START Records for this exercise

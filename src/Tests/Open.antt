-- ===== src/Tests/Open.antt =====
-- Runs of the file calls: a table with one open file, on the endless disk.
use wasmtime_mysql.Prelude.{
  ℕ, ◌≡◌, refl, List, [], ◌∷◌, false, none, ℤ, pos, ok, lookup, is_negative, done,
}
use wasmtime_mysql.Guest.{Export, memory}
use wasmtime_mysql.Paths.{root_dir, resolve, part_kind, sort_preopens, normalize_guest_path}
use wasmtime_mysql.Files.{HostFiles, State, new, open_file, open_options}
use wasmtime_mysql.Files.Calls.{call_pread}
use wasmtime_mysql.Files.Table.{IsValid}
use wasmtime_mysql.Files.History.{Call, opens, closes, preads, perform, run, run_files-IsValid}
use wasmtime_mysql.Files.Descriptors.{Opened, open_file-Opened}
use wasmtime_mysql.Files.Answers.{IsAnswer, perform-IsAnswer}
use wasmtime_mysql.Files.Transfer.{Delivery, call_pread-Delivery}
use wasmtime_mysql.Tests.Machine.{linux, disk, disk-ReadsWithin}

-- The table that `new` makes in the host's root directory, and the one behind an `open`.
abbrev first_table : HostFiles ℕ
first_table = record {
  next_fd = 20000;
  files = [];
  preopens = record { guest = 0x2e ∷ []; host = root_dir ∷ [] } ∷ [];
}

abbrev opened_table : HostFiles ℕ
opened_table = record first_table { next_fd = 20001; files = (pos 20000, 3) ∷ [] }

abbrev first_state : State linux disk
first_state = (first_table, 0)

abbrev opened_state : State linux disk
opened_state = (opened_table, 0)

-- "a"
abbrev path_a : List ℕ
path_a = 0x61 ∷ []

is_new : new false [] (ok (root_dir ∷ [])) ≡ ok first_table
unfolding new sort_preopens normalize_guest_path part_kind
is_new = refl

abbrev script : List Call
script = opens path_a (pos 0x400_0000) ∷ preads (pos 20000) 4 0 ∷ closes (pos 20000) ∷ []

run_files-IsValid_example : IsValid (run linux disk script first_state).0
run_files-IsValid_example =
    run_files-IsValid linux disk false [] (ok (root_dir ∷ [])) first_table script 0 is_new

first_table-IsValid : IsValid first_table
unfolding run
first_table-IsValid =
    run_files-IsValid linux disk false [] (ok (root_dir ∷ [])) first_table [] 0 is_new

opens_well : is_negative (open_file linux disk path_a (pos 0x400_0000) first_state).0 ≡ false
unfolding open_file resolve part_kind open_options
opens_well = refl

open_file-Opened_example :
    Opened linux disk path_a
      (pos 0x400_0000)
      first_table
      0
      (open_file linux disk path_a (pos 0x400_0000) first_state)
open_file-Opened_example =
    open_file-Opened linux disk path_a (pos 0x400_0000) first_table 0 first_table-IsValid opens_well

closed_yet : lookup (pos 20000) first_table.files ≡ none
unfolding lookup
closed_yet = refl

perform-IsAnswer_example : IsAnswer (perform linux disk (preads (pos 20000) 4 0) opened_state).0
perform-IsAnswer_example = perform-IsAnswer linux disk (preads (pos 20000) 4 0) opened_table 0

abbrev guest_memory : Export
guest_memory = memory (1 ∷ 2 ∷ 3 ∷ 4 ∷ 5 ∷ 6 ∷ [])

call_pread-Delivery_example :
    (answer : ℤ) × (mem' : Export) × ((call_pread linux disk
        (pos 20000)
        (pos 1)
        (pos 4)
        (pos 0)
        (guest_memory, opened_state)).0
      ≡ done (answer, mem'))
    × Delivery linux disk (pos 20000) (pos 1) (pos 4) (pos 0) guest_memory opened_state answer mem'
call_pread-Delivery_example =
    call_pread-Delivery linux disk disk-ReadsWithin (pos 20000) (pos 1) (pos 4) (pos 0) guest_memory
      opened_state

END Records for this exercise
START Records for this exercise

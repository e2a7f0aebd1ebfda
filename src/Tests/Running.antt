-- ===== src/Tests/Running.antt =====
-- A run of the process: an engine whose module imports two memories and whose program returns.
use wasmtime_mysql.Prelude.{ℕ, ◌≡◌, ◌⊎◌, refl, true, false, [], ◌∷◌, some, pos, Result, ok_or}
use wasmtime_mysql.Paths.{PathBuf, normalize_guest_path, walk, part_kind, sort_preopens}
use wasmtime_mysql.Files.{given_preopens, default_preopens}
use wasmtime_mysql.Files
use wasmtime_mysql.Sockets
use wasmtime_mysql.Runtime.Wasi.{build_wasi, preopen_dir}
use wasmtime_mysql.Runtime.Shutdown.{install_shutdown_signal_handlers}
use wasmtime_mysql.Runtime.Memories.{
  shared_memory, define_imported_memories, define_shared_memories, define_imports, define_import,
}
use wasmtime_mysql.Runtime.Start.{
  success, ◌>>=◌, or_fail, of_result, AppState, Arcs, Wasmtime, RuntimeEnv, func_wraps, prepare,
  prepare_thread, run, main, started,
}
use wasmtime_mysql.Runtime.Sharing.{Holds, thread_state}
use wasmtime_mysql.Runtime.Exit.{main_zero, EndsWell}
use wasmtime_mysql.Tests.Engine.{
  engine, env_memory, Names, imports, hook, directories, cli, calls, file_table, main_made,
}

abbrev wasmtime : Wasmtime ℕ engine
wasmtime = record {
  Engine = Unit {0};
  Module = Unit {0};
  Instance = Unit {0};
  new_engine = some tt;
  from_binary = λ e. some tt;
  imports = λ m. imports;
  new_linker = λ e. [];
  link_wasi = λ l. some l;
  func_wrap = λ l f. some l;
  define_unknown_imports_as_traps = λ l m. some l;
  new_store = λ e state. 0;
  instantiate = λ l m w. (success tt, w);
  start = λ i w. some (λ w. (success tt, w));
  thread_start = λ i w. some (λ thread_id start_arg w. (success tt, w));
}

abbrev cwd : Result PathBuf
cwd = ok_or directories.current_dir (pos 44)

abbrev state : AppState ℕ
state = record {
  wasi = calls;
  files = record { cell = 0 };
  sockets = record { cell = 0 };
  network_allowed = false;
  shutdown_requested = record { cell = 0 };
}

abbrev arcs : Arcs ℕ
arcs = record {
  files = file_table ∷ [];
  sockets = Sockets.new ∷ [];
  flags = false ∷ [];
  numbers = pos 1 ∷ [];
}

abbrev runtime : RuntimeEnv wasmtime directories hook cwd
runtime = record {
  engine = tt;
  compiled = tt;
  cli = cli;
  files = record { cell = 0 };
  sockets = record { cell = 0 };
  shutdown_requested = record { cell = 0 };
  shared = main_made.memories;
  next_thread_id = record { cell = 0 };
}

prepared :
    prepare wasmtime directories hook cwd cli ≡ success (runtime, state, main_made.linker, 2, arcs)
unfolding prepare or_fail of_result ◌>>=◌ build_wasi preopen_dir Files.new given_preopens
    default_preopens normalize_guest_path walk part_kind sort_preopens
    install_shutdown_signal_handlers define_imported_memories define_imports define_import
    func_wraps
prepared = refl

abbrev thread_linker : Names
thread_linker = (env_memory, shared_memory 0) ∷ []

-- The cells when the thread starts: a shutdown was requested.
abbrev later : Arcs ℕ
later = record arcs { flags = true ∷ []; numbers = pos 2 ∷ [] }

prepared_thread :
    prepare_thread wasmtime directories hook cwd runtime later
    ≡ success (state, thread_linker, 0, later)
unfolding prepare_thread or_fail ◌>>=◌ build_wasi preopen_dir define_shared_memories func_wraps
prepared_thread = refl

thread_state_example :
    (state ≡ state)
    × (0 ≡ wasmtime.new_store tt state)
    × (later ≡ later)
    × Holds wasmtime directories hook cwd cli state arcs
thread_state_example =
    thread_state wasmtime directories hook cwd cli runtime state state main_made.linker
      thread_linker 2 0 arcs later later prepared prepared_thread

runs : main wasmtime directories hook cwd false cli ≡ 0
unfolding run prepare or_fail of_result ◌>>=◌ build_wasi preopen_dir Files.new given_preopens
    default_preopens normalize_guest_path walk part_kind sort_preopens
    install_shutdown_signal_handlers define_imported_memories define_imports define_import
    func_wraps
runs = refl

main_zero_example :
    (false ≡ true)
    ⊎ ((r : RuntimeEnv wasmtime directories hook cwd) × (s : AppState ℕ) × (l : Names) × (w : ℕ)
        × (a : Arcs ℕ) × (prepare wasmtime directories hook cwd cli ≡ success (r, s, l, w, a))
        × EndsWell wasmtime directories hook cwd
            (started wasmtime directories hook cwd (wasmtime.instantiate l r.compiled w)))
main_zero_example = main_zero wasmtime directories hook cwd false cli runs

END Records for this exercise

» **Problem statement**
Your answer should be only the number of lines in the entries above that hold the string "Unit".

» **Answer space**
3